1. place sphere of radius r in crystal and determine minimum supercell (parallelpiped) which would contain a sphere of radius r. for this we need the projection of a_1 on a unit vector perpendicular to a_2 & a_3 (i.e. the unit vector in the direction b_1) to determine how many a_1”s it will take to contain the sphere.

   Nxmax = r * length_of_b_1 / (2 Pi)

2. keep points falling within r.

Parameters

• frac_points – All points in the lattice in fractional coordinates.

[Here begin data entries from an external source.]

-- ===== src/JumpServer/Uncounted.antt =====
-- roles/jumpserver/_archive/reconcile.py: the steps beside the asset loop, and the counters of that loop.
use ansible_platform.Prelude.{
  ℕ, String, ◌≡◌, refl, Bool, true, false, Option, none, some, List, [], ◌∷◌, if◌then◌else◌, arith,
}
use ansible_platform.Prelude.Value.{Scalar}
use ansible_platform.Prelude.Dict
use ansible_platform.Prelude.Dict.{Dict}
use ansible_platform.Prelude.Exec.{
  Raised, Result, ok, err, ◌>>=◌, Keeps, Keeps-bind, Keeps-pure, Keeps-when, Keeps-each,
}
use ansible_platform.JumpServer.{
  User, Group, Node, Call, Reply, find_local_user, check_password, reset_password,
  get_or_create_user, save_source, bind_system_admin, get_or_create_group, has_member, add_member,
  get_or_create_permission, grant_group, grant_node, revoke_node, grant_all_assets, members,
  expire_trees, refresh_tree, all_nodes, count_assets, save_amount, get_or_create_storage,
  save_meta, clear_other_defaults, save_default, update_setting, email_settings, refresh_setting,
  Server, Builtin, Person, S3, Email, Run, Script, ask, globals, append,
}
use ansible_platform.JumpServer.Steps.{
  attempt, handled, password_set, builtin_step, admin_step, group_step, rebuild, grant_step,
  fix_counts, counts_step, storage_step, update_settings, settings_step, email_step, email_vals,
}
use ansible_platform.JumpServer.Counted.{weight, weight_of, counting, total}

-- What the script begins with
abbrev pub start : {W : Type 0} → W → Run W
start w = record {
  world = w;
  n_hosts = 0;
  n_accounts = 0;
  n_ports = 0;
  n_stale = 0;
  n_rekeyed = 0;
  node_cache = [];
  key_cache = [];
  summary = [];
}

module _ (j : Server) where
  abbrev pub Even : Run (Server.World j × ℕ) → Type 0
  Even s = s.world.1 ≡ total s

  weight_of-none :
      (q : Call) (r : Result (Reply q)) → ((a : Reply q) → weight q a ≡ 0) → weight_of q r ≡ 0
  weight_of-none q (ok a) h = h a
  weight_of-none q (err e) h = refl

  pub ask-Keeps : (q : Call) → ((a : Reply q) → weight q a ≡ 0) → Keeps Even (ask (counting j) q)
  unfolding ask
  ask-Keeps q h = record {
    after = λ s e. grind (arith, e, weight_of-none q (j.call q s.world.0).0 h);
  }

  pub append-Keeps : (line : String) → Keeps Even (append (counting j) line)
  unfolding append
  append-Keeps line = record { after = λ s e. e }

  pub globals-Keeps : Keeps Even (globals (counting j))
  unfolding globals
  globals-Keeps = record { after = λ s e. e }

  handled-Keeps :
      {A : Type 0} (handle : Raised → Script (counting j) A) (r : Result A)
      (s : Run (Server.World j × ℕ))
      → ((e : Raised) → Keeps Even (handle e))
      → Even s
      → Even (handled (counting j) handle (r, s)).1
  handled-Keeps handle (ok a) s h e = e
  handled-Keeps handle (err x) s h e = (h x).after s e

  attempt-Keeps :
      {A : Type 0} (m : Script (counting j) A) (handle : Raised → Script (counting j) A)
      → Keeps Even m
      → ((e : Raised) → Keeps Even (handle e))
      → Keeps Even (attempt (counting j) m handle)
  unfolding attempt
  attempt-Keeps m handle keeps h = record {
    after = λ s e. handled-Keeps handle (m s).0 (m s).1 h (keeps.after s e);
  }

  asked-Keeps :
      {B : Type 0} (q : Call) (f : Reply q → Script (counting j) B)
      → ((a : Reply q) → weight q a ≡ 0)
      → ((a : Reply q) → Keeps Even (f a))
      → Keeps Even (ask (counting j) q >>= f)
  asked-Keeps q f h next = Keeps-bind _ f (ask-Keeps q h) next

  if-Keeps :
      {A : Type 0} (b : Bool) (m n : Script (counting j) A)
      → Keeps Even m
      → Keeps Even n
      → Keeps Even (if b then m else n)
  if-Keeps true m n h k = h
  if-Keeps false m n h k = k

  password_set-Keeps : (b : Builtin) (u : Option User) → Keeps Even (password_set (counting j) b u)
  password_set-Keeps b none = append-Keeps _
  password_set-Keeps b (some u) =
      asked-Keeps (check_password u.pk b.password) _ (λ a. refl)
        λ same.
          if-Keeps same _ _ (append-Keeps _)
            (asked-Keeps (reset_password u.pk b.password) _ (λ a. refl) λ _. append-Keeps _)

  pub builtin_step-Keeps : (b : Option Builtin) → Keeps Even (builtin_step (counting j) b)
  builtin_step-Keeps none = Keeps-pure tt
  builtin_step-Keeps (some b) =
      Keeps-when _ _
        (λ _. asked-Keeps (find_local_user b.username) _ (λ a. refl) λ u. password_set-Keeps b u)

  pub admin_step-Keeps : (p : Person) → Keeps Even (admin_step (counting j) p)
  unfolding admin_step
  admin_step-Keeps p =
      asked-Keeps (get_or_create_user p.username p.name p.email) _ (λ a. refl)
        λ found.
          Keeps-bind _ _ (Keeps-when _ _ (λ _. ask-Keeps (save_source found.0.pk) (λ a. refl))) λ _.
            asked-Keeps (bind_system_admin found.0.pk) _ (λ a. refl)
              λ bound. Keeps-bind _ _ (append-Keeps _) λ _. Keeps-pure found.0

  pub group_step-Keeps : (name : String) (u : User) → Keeps Even (group_step (counting j) name u)
  unfolding group_step
  group_step-Keeps name u =
      asked-Keeps (get_or_create_group name) _ (λ a. refl)
        λ found.
          asked-Keeps (has_member found.0.pk u.pk) _ (λ a. refl)
            λ is_in.
              Keeps-bind _ _
                (Keeps-when _ _ (λ _. ask-Keeps (add_member found.0.pk u.pk) (λ a. refl)))
                λ _. Keeps-bind _ _ (append-Keeps _) λ _. Keeps-pure found.0

  rebuild-Keeps : (g : Group) → Keeps Even (rebuild (counting j) g)
  unfolding rebuild
  rebuild-Keeps g =
      asked-Keeps (members g.pk) _ (λ a. refl)
        λ ids.
          asked-Keeps (expire_trees ids) _ (λ a. refl)
            λ _.
              Keeps-bind _ _ (Keeps-each _ ids (λ u. ask-Keeps (refresh_tree u) (λ a. refl)))
                λ _. Keeps-pure _

  pub grant_step-Keeps :
      (name : String) (g : Group) (root : Node) → Keeps Even (grant_step (counting j) name g root)
  unfolding grant_step
  grant_step-Keeps name g root =
      asked-Keeps (get_or_create_permission name) _ (λ a. refl)
        λ found.
          asked-Keeps (grant_group found.0.pk g.pk) _ (λ a. refl)
            λ _. Keeps-bind _ _ globals-Keeps λ s.
              Keeps-bind _ _
                (Keeps-each _ (Dict.values s.node_cache)
                  (λ n. ask-Keeps (grant_node found.0.pk n.pk) (λ a. refl)))
                λ _.
                  asked-Keeps (revoke_node found.0.pk root.pk) _ (λ a. refl)
                    λ _.
                      Keeps-bind _ _
                        (attempt-Keeps _ _ (ask-Keeps (grant_all_assets found.0.pk) (λ a. refl))
                          (λ e. append-Keeps _))
                        λ _.
                          Keeps-bind _ _ (attempt-Keeps _ _ (rebuild-Keeps g) (λ e. Keeps-pure _))
                            λ pt. append-Keeps _

  fix_counts-Keeps : (nodes : List Node) → Keeps Even (fix_counts (counting j) nodes)
  unfolding fix_counts
  fix_counts-Keeps [] = Keeps-pure 0
  fix_counts-Keeps (n ∷ nodes) =
      asked-Keeps (count_assets n.pk) _ (λ a. refl)
        λ cnt.
          Keeps-bind _ _ (Keeps-when _ _ (λ _. ask-Keeps (save_amount n.pk cnt) (λ a. refl)))
            λ _. Keeps-bind _ _ (fix_counts-Keeps nodes) λ rest. Keeps-pure _

  pub counts_step-Keeps : Keeps Even (counts_step (counting j))
  unfolding counts_step
  counts_step-Keeps =
      attempt-Keeps _ _
        (asked-Keeps all_nodes _ (λ a. refl)
          λ nodes. Keeps-bind _ _ (fix_counts-Keeps nodes) λ fixed. append-Keeps _)
        (λ e. append-Keeps _)

  pub storage_step-Keeps :
      (s3 : Option S3) (name : String) → Keeps Even (storage_step (counting j) s3 name)
  storage_step-Keeps none name = Keeps-pure tt
  storage_step-Keeps (some s3) name =
      asked-Keeps (get_or_create_storage name _) _ (λ a. refl)
        λ found.
          Keeps-bind _ _
            (Keeps-when _ _
              (λ _. asked-Keeps (save_meta found.0.pk _) _ (λ a. refl) λ _. append-Keeps _))
            λ _.
              asked-Keeps (clear_other_defaults found.0.pk) _ (λ a. refl)
                λ _.
                  Keeps-bind _ _
                    (Keeps-when _ _ (λ _. ask-Keeps (save_default found.0.pk) (λ a. refl)))
                    λ _. append-Keeps _

  update_settings-Keeps :
      (category : String) (d : Dict Scalar) → Keeps Even (update_settings (counting j) category d)
  unfolding update_settings
  update_settings-Keeps category d =
      Keeps-each _ d (λ (k, v). ask-Keeps (update_setting k v category) (λ a. refl))

  pub settings_step-Keeps : (d : Dict Scalar) → Keeps Even (settings_step (counting j) d)
  unfolding settings_step
  settings_step-Keeps d =
      Keeps-bind _ _ (update_settings-Keeps "terminal" d) λ _. Keeps-when _ _ (λ _. append-Keeps _)

  pub email_step-Keeps : (e : Option Email) → Keeps Even (email_step (counting j) e)
  email_step-Keeps none = Keeps-pure tt
  email_step-Keeps (some e) = Keeps-when _ _ (λ _.
      Keeps-bind _ _ (update_settings-Keeps "email" (email_vals e)) λ _.
        asked-Keeps email_settings _ (λ a. refl)
          λ rows.
            Keeps-bind _ _
              (Keeps-each _ rows (λ r.
                attempt-Keeps _ _ (ask-Keeps (refresh_setting r) (λ a. refl)) (λ x. Keeps-pure tt)))
              λ _. append-Keeps _)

• center – Cartesian coordinates of center of sphere.

• r – radius of sphere.

• zip_results (bool) – Whether to zip the results together to group by point, or return the raw fcoord, dist, index arrays

Returns

[(fcoord, dist, index) …] since most of the time, subsequent

processing requires the distance.

else:

fcoords, dists, inds

Return type

if zip_results

property inv_matrix

Inverse of lattice matrix.

property lengths

property matrix

Copy of matrix representing the Lattice

property reciprocal_lattice

Return the reciprocal lattice. Note that this is the standard reciprocal lattice used for solid state physics with a factor of 2 * pi. If you are looking for the crystallographic reciprocal lattice, use the reciprocal_lattice_crystallographic property. The property is lazily generated for efficiency.

property reciprocal_lattice_crystallographic

Returns the crystallographic reciprocal lattice, i.e., no factor of 2 * pi.